Dataset records:
Start of Block

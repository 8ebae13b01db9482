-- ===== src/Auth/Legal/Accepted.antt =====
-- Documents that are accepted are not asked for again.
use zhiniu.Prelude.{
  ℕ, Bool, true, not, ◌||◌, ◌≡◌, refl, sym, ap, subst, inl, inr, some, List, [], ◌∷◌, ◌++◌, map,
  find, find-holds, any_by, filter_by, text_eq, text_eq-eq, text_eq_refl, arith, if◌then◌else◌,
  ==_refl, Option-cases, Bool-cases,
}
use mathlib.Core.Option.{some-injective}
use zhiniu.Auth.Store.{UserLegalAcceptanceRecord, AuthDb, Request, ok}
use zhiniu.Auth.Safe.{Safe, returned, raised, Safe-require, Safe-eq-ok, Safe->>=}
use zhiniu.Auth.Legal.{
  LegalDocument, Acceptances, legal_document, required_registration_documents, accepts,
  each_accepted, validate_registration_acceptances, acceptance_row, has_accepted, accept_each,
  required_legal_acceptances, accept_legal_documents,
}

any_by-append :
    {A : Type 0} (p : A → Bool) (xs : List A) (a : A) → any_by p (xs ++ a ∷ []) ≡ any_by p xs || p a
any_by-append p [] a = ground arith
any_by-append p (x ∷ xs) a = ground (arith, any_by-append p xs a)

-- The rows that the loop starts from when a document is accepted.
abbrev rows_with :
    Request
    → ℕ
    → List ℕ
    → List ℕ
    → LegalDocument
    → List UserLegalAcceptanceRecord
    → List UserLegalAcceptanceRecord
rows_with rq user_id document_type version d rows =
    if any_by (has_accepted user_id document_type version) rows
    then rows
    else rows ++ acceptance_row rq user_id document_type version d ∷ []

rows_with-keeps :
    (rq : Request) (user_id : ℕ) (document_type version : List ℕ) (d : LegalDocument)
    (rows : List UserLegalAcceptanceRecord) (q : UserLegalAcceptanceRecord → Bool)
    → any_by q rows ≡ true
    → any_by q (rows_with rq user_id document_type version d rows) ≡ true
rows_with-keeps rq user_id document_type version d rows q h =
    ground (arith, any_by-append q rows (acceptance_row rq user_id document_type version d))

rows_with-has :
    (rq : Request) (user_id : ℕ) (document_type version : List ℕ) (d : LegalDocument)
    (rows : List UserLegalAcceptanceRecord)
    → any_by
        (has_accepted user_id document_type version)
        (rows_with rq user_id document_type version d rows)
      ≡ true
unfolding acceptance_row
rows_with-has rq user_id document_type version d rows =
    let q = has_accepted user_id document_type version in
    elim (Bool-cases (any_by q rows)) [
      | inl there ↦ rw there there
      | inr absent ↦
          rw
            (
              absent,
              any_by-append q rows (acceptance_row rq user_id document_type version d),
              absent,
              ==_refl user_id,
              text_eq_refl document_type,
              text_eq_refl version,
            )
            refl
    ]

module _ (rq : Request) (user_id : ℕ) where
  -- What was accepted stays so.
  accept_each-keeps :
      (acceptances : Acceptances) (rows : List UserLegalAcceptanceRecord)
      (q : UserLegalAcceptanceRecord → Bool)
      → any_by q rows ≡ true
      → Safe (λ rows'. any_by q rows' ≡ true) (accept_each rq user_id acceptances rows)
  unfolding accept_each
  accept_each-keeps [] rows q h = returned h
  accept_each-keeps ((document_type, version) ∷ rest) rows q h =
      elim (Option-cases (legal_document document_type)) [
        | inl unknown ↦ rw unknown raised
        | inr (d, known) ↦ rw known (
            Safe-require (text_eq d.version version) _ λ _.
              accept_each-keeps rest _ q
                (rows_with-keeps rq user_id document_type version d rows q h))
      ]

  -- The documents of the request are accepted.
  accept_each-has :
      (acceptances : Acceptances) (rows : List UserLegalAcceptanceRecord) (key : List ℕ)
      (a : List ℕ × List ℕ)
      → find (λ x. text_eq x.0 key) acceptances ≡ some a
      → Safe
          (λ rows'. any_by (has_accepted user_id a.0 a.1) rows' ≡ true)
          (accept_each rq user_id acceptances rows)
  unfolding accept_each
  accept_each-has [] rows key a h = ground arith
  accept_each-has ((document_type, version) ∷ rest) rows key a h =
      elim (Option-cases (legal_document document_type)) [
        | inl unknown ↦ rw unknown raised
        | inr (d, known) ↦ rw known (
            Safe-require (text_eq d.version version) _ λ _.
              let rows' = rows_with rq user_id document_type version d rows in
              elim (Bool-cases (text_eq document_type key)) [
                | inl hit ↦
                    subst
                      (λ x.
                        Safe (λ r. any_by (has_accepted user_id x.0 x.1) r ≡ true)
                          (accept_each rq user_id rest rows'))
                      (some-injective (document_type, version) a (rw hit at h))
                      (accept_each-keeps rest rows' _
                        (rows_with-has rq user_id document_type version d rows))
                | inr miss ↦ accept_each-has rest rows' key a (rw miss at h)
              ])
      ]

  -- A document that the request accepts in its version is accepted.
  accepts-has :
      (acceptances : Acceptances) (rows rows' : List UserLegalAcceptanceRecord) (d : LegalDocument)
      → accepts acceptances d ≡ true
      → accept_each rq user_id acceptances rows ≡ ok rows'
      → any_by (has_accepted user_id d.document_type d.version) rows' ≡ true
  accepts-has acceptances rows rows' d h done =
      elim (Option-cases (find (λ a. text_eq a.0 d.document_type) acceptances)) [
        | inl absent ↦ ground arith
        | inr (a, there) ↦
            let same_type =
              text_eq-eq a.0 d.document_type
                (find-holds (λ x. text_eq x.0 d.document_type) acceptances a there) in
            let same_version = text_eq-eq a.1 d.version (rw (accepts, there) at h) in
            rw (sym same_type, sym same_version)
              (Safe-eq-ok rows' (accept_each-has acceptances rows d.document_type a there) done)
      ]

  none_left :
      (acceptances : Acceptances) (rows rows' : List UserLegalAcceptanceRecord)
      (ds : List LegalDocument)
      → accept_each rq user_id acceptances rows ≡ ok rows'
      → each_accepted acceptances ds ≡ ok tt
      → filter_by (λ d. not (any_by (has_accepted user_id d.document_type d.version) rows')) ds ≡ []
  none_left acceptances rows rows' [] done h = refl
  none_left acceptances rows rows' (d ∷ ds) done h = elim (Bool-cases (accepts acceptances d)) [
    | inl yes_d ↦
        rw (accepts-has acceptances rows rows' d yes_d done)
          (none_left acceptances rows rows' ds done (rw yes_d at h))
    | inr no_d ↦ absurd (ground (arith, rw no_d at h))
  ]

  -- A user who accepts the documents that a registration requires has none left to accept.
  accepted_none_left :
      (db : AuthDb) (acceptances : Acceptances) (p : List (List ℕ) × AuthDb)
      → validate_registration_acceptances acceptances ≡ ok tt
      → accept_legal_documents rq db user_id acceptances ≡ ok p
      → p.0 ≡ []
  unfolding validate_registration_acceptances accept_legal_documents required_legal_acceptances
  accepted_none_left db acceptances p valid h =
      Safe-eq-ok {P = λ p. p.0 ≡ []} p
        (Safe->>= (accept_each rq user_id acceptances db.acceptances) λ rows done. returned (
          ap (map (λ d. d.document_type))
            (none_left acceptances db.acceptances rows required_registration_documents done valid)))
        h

End of Block
Start of Block

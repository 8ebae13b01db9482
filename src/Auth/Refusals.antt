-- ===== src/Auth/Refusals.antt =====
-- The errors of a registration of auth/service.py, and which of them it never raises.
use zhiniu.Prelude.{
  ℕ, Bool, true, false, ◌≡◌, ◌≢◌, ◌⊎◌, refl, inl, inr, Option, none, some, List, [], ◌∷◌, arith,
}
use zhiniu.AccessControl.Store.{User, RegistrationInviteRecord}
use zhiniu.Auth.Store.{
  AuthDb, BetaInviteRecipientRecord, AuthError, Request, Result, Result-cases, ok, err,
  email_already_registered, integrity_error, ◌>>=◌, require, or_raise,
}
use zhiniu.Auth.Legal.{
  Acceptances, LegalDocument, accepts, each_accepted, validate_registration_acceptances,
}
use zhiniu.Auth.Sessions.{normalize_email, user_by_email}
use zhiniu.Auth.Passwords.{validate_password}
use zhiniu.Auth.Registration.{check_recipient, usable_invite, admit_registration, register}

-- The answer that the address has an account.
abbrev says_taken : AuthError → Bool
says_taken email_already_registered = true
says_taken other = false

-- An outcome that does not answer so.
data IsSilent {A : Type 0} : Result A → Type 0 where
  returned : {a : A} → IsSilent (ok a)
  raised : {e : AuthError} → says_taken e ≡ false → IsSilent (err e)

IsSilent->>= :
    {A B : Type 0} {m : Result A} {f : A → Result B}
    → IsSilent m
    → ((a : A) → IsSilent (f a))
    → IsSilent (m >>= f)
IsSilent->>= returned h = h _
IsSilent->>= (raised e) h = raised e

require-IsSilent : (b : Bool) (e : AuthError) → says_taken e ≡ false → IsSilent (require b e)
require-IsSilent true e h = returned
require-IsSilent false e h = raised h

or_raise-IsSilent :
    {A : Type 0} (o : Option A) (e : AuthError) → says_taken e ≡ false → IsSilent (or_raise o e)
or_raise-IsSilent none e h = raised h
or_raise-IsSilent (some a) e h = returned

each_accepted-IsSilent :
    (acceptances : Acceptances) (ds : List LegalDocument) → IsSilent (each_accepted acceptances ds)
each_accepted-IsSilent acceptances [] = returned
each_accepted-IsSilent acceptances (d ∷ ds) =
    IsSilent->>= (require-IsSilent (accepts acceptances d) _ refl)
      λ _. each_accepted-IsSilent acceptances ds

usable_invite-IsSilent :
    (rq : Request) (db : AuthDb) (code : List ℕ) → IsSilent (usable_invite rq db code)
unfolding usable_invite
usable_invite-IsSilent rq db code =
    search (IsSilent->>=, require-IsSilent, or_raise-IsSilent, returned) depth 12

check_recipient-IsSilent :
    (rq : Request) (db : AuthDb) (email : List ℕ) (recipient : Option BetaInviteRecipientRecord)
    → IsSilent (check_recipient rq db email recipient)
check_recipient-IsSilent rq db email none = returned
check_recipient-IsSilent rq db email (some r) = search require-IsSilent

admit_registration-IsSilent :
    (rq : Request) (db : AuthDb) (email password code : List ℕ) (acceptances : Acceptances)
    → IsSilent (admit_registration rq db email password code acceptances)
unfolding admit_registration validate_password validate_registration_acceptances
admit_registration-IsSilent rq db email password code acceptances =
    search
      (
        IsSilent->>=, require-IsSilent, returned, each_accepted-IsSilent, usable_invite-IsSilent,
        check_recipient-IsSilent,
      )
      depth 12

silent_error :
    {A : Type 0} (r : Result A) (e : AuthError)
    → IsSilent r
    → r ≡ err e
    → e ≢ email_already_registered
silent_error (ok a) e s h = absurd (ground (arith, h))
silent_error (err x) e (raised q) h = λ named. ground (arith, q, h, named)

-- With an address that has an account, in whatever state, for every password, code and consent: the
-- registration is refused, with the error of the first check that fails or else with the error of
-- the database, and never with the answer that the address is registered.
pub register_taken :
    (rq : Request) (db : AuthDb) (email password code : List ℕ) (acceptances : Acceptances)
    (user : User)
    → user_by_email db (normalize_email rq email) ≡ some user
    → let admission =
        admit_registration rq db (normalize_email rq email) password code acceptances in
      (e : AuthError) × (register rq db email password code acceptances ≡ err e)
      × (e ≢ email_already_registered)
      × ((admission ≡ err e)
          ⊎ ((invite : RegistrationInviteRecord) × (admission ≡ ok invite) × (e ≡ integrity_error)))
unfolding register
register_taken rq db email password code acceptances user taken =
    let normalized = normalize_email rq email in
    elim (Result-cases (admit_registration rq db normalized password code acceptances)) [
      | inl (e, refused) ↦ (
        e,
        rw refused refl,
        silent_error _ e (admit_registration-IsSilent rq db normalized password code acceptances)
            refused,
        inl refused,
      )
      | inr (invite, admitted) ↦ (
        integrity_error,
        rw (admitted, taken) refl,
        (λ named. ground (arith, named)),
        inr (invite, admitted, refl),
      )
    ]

End of Block

TASK STATEMENT ::
The lines to extract from the data above begin with the line containing "(accept_each rq user_id rest" and end with the line containing "d.version) rows' ≡ true". Extract them exactly, including both.

COMPLETED EXERCISE ::
                          (accept_each rq user_id rest rows'))
                      (some-injective (document_type, version) a (rw hit at h))
                      (accept_each-keeps rest rows' _
                        (rows_with-has rq user_id document_type version d rows))
                | inr miss ↦ accept_each-has rest rows' key a (rw miss at h)
              ])
      ]

  -- A document that the request accepts in its version is accepted.
  accepts-has :
      (acceptances : Acceptances) (rows rows' : List UserLegalAcceptanceRecord) (d : LegalDocument)
      → accepts acceptances d ≡ true
      → accept_each rq user_id acceptances rows ≡ ok rows'
      → any_by (has_accepted user_id d.document_type d.version) rows' ≡ true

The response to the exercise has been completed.